Segment Start: DATA SUPPLIED
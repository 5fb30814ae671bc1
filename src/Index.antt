-- ===== src/Index.antt =====
-- src/pool/index.rs: the index of a walk's spans, over the two parameters of a snapshot.
pub mod Order
pub mod Postings
pub mod Neighbours
pub mod Boundaries
pub mod Rounds
pub mod Holes
pub mod Cache
mod Tests
use dbgscope.Base.{
  ℕ, zero, suc, ◌+◌, ◌-◌, ◌≤◌, ◌≡◌, refl, Bool, true, false, not, ◌||◌, ◌&&◌, ◌==◌, if◌then◌else◌,
  Option, none, some, ◌>>=◌, then_some, List, [], ◌∷◌, ◌++◌, length, get_elem?, any, Result, ok,
  err,
}
use dbgscope.Base.Words.{checked_add, checked_sub, saturating_sub, u64_max}
use dbgscope.Base.Maps.{HashMap, get, write_entry}
use dbgscope.Base.Sorting.{sort_by_key}
use dbgscope.Pool.Same.{
  same_kind, same_backend, same_heap, same_subsegment, bool_discriminant, is_allocated,
  is_reusable_free,
}
use dbgscope.Pool.{PoolKind, PoolBackend, PoolState, HeapIdentity, PoolSpan, is_chunk, end}
use dbgscope.Snapshot.Spans.{PoolSnapshot, WalkStalls}
use mathlib.Core.Option

pub data Direction : Type 0 where
  underflow overflow : Direction

pub record Hole : Type 0 where
  pub span_index : ℕ
  pub address : ℕ
  pub size : ℕ
  pub state : PoolState
  pub distance : ℕ
  pub immediate : Bool

pub record RowIdentity : Type 0 where
  pub pool_kind : PoolKind
  pub numa_node : ℕ
  pub heap : HeapIdentity
  pub backend : PoolBackend
  pub subsegment : Option ℕ
  pub size_class : ℕ

-- `RowIdentity::from`.
abbrev pub row_of : PoolSpan → RowIdentity
row_of span = record {
  pool_kind = span.pool_kind;
  numa_node = span.numa_node;
  heap = span.heap;
  backend = span.backend;
  subsegment = span.subsegment;
  size_class = span.size_class;
}

-- The derived `PartialEq` of a row.
abbrev pub same_row : RowIdentity → RowIdentity → Bool
same_row a b =
    same_kind a.pool_kind b.pool_kind
    && a.numa_node == b.numa_node
    && same_heap a.heap b.heap
    && same_backend a.backend b.backend
    && same_subsegment a.subsegment b.subsegment
    && a.size_class == b.size_class

-- `(span.heap, span.usable_address)`, in the derived order of `HeapIdentity`.
abbrev pub address_key : PoolSpan → List ℕ
address_key span =
    span.heap.pool_state
    ∷ span.heap.heap
    ∷ bool_discriminant span.heap.special
    ∷ span.usable_address
    ∷ []

-- The three collections that the loop of `build` fills.
pub record Filled : Type 0 where
  pub postings : HashMap ℕ (List ℕ)
  pub row_postings : HashMap RowIdentity (List ℕ)
  pub span_rows : List RowIdentity

-- `entry(key).or_default().push(index)`.
abbrev pub push_index : ℕ → Option (List ℕ) → List ℕ
push_index index found = Option.get_or found [] ++ (index ∷ [])

unfoldable pub fill_span : ℕ → PoolSpan → Filled → Filled
fill_span index span filled =
    let row = row_of span in
    record {
      postings =
          if is_allocated span.state
          then write_entry ◌==◌ span.raw_tag (push_index index) filled.postings
          else filled.postings;
      row_postings = write_entry same_row row (push_index index) filled.row_postings;
      span_rows = filled.span_rows ++ (row ∷ []);
    }

unfoldable pub fill : ℕ → List PoolSpan → Filled → Filled
fill index [] filled = filled
fill index (span ∷ spans) filled = fill (suc index) spans (fill_span index span filled)

pub record PoolIndex (Layout Diagnostics : Type 0) : Type 0 where
  pub layout : Layout
  pub spans : List PoolSpan
  pub postings : HashMap ℕ (List ℕ)
  pub diagnostics : Diagnostics
  pub complete : Bool
  pub budget_expired : Bool
  pub stopped_after_matches : Option ℕ
  pub stalls : WalkStalls
  pub refused_chunks : ℕ
  pub unplaced_bytes : ℕ
  pub row_postings : HashMap RowIdentity (List ℕ)
  pub span_rows : List RowIdentity

abbrev pub sorted_spans : List PoolSpan → List PoolSpan
sorted_spans spans = sort_by_key address_key spans

abbrev pub nothing_filled : Filled
nothing_filled = record { postings = []; row_postings = []; span_rows = [] }

unfoldable pub same_boundary : PoolSpan → PoolSpan → Bool
same_boundary left right =
    same_kind left.pool_kind right.pool_kind
    && left.numa_node == right.numa_node
    && same_heap left.heap right.heap
    && same_backend left.backend right.backend
    && same_subsegment left.subsegment right.subsegment
    && is_chunk left.state
    && is_chunk right.state

abbrev pub distance_from : PoolSpan → Direction → PoolSpan → ℕ
distance_from origin Direction.underflow span = saturating_sub origin.usable_address (end span)
distance_from origin Direction.overflow span = saturating_sub span.usable_address (end origin)

abbrev pub hole_at : PoolSpan → Direction → ℕ → PoolSpan → Bool → Hole
hole_at origin direction index span first =
    let distance = distance_from origin direction span in
    record {
      span_index = index;
      address = span.usable_address;
      size = span.size;
      state = span.state;
      distance = distance;
      immediate = first && distance == 0;
    }

module _ {Layout Diagnostics : Type 0} where
  unfoldable pub build : PoolSnapshot Layout Diagnostics → PoolIndex Layout Diagnostics
  build snapshot =
      let spans = sorted_spans snapshot.spans in
      let filled = fill 0 spans nothing_filled in
      record {
        layout = snapshot.layout;
        spans = spans;
        postings = filled.postings;
        diagnostics = snapshot.diagnostics;
        complete = snapshot.complete;
        budget_expired = snapshot.budget_expired;
        stopped_after_matches = snapshot.stopped_after_matches;
        stalls = snapshot.stalls;
        refused_chunks = snapshot.refused_chunks;
        unplaced_bytes = snapshot.unplaced_bytes;
        row_postings = filled.row_postings;
        span_rows = filled.span_rows;
      }

  module _ (self : PoolIndex Layout Diagnostics) where
    unfoldable pub predecessor : ℕ → Option ℕ
    predecessor index = checked_sub index 1 >>= λ previous.
        get_elem? self.spans previous >>= λ left.
        get_elem? self.spans index >>= λ right. then_some (same_boundary left right) previous

    unfoldable pub successor : ℕ → Option ℕ
    successor index = checked_add index 1 >>= λ next. get_elem? self.spans index >>= λ left.
        get_elem? self.spans next >>= λ right. then_some (same_boundary left right) next

    abbrev pub step : Direction → ℕ → Option ℕ
    step Direction.underflow cursor = predecessor cursor
    step Direction.overflow cursor = successor cursor

    -- One round of the loop: the next span in the direction, unless it ends the holes.
    abbrev pub next_hole : Direction → ℕ → Option (ℕ × PoolSpan)
    next_hole direction cursor = step direction cursor >>= λ index.
        get_elem? self.spans index >>= λ span.
        then_some (not (is_allocated span.state)) (index, span)

    -- The loop, on fuel; the flag says that no hole is pushed yet. `self.spans[index]` is in range,
    -- since a neighbour is a span.
    unfoldable pub holes_from : ℕ → PoolSpan → Direction → ℕ → Bool → List Hole
    holes_from zero origin direction cursor first = []
    holes_from (suc fuel) origin direction cursor first = elim (next_hole direction cursor) [
      | none ↦ []
      | some found ↦
          let (index, span) = found in
          hole_at origin direction index span first ∷ holes_from fuel origin direction index false
    ]

    -- The cursor moves by one span in each round, so the spans bound the rounds.
    unfoldable pub holes : ℕ → Direction → List Hole
    holes allocation direction = elim (get_elem? self.spans allocation) [
      | none ↦ []
      | some origin ↦ holes_from (length self.spans) origin direction allocation true
    ]

    -- `selected_rows.insert`.
    abbrev pub insert_row : RowIdentity → List RowIdentity → List RowIdentity
    insert_row row rows = if any (same_row row) rows then rows else rows ++ (row ∷ [])

    unfoldable pub selected_rows : List ℕ → List RowIdentity → List RowIdentity
    selected_rows [] rows = rows
    selected_rows (index ∷ indexes) rows = elim (get_elem? self.span_rows index) [
      | none ↦ selected_rows indexes rows
      | some row ↦ selected_rows indexes (insert_row row rows)
    ]

    unfoldable pub rows_members : List RowIdentity → List ℕ
    rows_members [] = []
    rows_members (row ∷ rows) =
        Option.get_or (get same_row row self.row_postings) [] ++ rows_members rows

    unfoldable pub context_for_tag : ℕ → List ℕ
    context_for_tag tag =
        sort_by_key (λ index. index ∷ [])
          (rows_members (selected_rows (Option.get_or (get ◌==◌ tag self.postings) []) []))

    -- The sort key of a hole, with a span it lies in; `!` and `!=` are written as numbers.
    abbrev pub rank_of : PoolSpan → Hole → List ℕ
    rank_of origin hole =
        let span = Option.get_or (get_elem? self.spans hole.span_index) origin in
        bool_discriminant (not hole.immediate)
        ∷ bool_discriminant (not (is_reusable_free hole.state))
        ∷ bool_discriminant (
            not (same_backend span.backend origin.backend)
            || not (span.size_class == origin.size_class))
        ∷ hole.distance
        ∷ (u64_max - hole.size)
        ∷ hole.address
        ∷ []

    unfoldable pub ranked_holes : ℕ → Direction → List Hole
    ranked_holes allocation direction = elim (get_elem? self.spans allocation) [
      | none ↦ []
      | some origin ↦ sort_by_key (rank_of origin) (holes allocation direction)
    ]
Segment End: DATA SUPPLIED
■ TO DO: Could you restate word for word the lines above from the one containing "pub diagnostics : Diagnostics" through the one containing "unfoldable pub same_boundary", both included, and nothing else?

■ OUTPUT OF THE TASK:
  pub diagnostics : Diagnostics
  pub complete : Bool
  pub budget_expired : Bool
  pub stopped_after_matches : Option ℕ
  pub stalls : WalkStalls
  pub refused_chunks : ℕ
  pub unplaced_bytes : ℕ
  pub row_postings : HashMap RowIdentity (List ℕ)
  pub span_rows : List RowIdentity

abbrev pub sorted_spans : List PoolSpan → List PoolSpan
sorted_spans spans = sort_by_key address_key spans

abbrev pub nothing_filled : Filled
nothing_filled = record { postings = []; row_postings = []; span_rows = [] }

unfoldable pub same_boundary : PoolSpan → PoolSpan → Bool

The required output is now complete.